We replace the black_function_list
parameter with black_query_pattern_list
in the configuration file:
~$ cat extra.conf
log_destination = 'syslog,stderr'
log_statement = on
log_per_node_statement=on
log_client_messages=on
black_query_pattern_list = '.*functionX\(1.*'
Note that parenthesis needs to be escaped with \
.
We run the following statements:
SELECT * FROM functionX(2,3);
SELECT * FROM functionX(1,3);
pgpool_1 | 2020-07-10 16:28:11: pid 137: DETAIL: query: "select * from functionX(2,3);"
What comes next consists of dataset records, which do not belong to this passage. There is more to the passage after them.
-- ===== src/Encoders.antt =====
-- src/encoders.c: the values of the encoders while the device runs. An encoder has a physical number
-- below 16, a banked one below 128, and a virtual one below 256, which also tells whether it is shifted. Arrays
-- are functions of an index that is in range. Signed numbers are two's complement, in 8 or 16 bits.
pub mod Ids
pub mod Rotary
pub mod Relative
pub mod Range
pub mod Detent
pub mod Banks
pub mod BankLaws
pub mod BankChange
pub mod BankRange
use midi_fighter_twister_ope.Base.{
  ℕ, ◌+◌, ◌*◌, ◌/◌, ◌%◌, Bool, true, false, ◌&&◌, ◌||◌, not, ltb, ◌==◌, if◌then◌else◌, u8, u16,
  ◌<<<◌, bit_and,
}
use midi_fighter_twister_ope.Settings.{EncoderConfig}

abbrev pub physical_encoders : ℕ
physical_encoders = 16

abbrev pub banked_encoders : ℕ
banked_encoders = 128

-- Values of `enc_sw_type`, `midi_type` and `enc_move_type` in src/encoders.h.
abbrev pub enc_fine_adjust : ℕ
enc_fine_adjust = 6

abbrev pub enc_shift_hold : ℕ
enc_shift_hold = 7

abbrev pub enc_shift_toggle : ℕ
enc_shift_toggle = 8

abbrev pub send_note : ℕ
send_note = 0

abbrev pub send_cc : ℕ
send_cc = 1

abbrev pub send_switch_vel_control : ℕ
send_switch_vel_control = 3

abbrev pub direct : ℕ
direct = 0

abbrev pub emulation : ℕ
emulation = 1

abbrev pub velocity_sensitive_enc : ℕ
velocity_sensitive_enc = 2

-- The tables of the module, with `enc_switch_state` of src/input.c and the counters of fine movement that
-- `process_encoder_input_rotary_relative` keeps.
pub record Encoders : Type 0 where
  pub encoder_settings : ℕ → EncoderConfig
  pub raw_encoder_value : ℕ → ℕ
  pub indicator_value_buffer : ℕ → ℕ → ℕ
  pub encoder_detent_counter : ℕ → ℕ
  pub relative_fine_value : ℕ → ℕ
  pub enc_switch_toggle_state : ℕ → ℕ
  pub enc_switch_state : ℕ
  pub encoder_bank : ℕ

-- An assignment to an element.
abbrev pub assign : (ℕ → ℕ) → ℕ → ℕ → ℕ → ℕ
assign table i v j = if j == i then v else table j

abbrev pub assign_cell : (ℕ → ℕ → ℕ) → ℕ → ℕ → ℕ → ℕ → ℕ → ℕ
assign_cell table b i v c j = if (c == b) && (j == i) then v else table c j

-- `a < b` for signed bytes and signed numbers of 16 bits, and the extension of a byte.
abbrev pub less_int8 : ℕ → ℕ → Bool
less_int8 a b = ltb ((a + 0x80) % 0x100) ((b + 0x80) % 0x100)

abbrev pub less_int16 : ℕ → ℕ → Bool
less_int16 a b = ltb ((a + 0x8000) % 0x10000) ((b + 0x8000) % 0x10000)

abbrev pub extend : ℕ → ℕ
extend d = if ltb d 0x80 then d else d + 0xff00

unfoldable pub encoder_is_in_shift_state : Encoders → ℕ → ℕ → Bool
encoder_is_in_shift_state s bank encoder =
    let cfg = s.encoder_settings (u8 (encoder + bank * physical_encoders)) in
    let bit : ℕ = u16 (1 <<< encoder) in
    ((cfg.switch_action_type == enc_shift_hold) && not (bit_and s.enc_switch_state bit == 0))
    || ((cfg.switch_action_type == enc_shift_toggle)
        && not (bit_and (s.enc_switch_toggle_state bank) bit == 0))

unfoldable pub get_virtual_encoder_id : Encoders → ℕ → ℕ → ℕ
get_virtual_encoder_id s bank encoder_id =
    let virtual_encoder_id : ℕ = u8 (encoder_id + bank * 16) in
    if encoder_is_in_shift_state s bank encoder_id
    then u8 (virtual_encoder_id + banked_encoders)
    else virtual_encoder_id

-- `(uint8_t) ((value+50)/100)`, of a value that is not negative.
unfoldable pub scale_encoder_value : ℕ → ℕ
scale_encoder_value value = u8 ((value + 50) / 100)

unfoldable pub clamp_encoder_raw_value : ℕ → ℕ
clamp_encoder_raw_value value =
    let positive : ℕ = if less_int16 value 0 then 0 else value in
    if less_int16 12700 positive then 12700 else positive

unfoldable pub encoder_is_in_detent : ℕ → Bool
encoder_is_in_detent value = less_int16 6240 value && less_int16 value 6450

unfoldable pub encoder_is_in_deadzone : ℕ → Bool
encoder_is_in_deadzone value = less_int16 12699 value || less_int16 value 1

-- `encoder_midi_type == SEND_REL_ENC || ...`.
unfoldable pub is_relative : EncoderConfig → Bool
is_relative cfg =
    (cfg.encoder_midi_type == 2) || (cfg.encoder_midi_type == 4) || (cfg.encoder_midi_type == 5)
pgpool_1 | 2020-07-10 16:28:11: pid 137: LOG: statement: select * from functionX(2,3);
pgpool_1 | 2020-07-10 16:28:11: pid 137: LOG: DB node id: 1 backend pid: 331 statement: select * from functionX(2,3);
pgpool_1 | 2020-07-10 16:28:15: pid 137: DETAIL: query: "select * from functionX(1,3);"
pgpool_1 | 2020-07-10 16:28:15: pid 137: LOG: statement: select * from functionX(1,3);
pgpool_1 | 2020-07-10 16:28:15: pid 137: LOG: DB node id: 0 backend pid: 467 statement: select * from functionX(1,3);
There are also other ways to configure how pgpool balances the load.
If the developers and DBAs can agree on a naming convention for such functions, a single rule can redirect all such queries.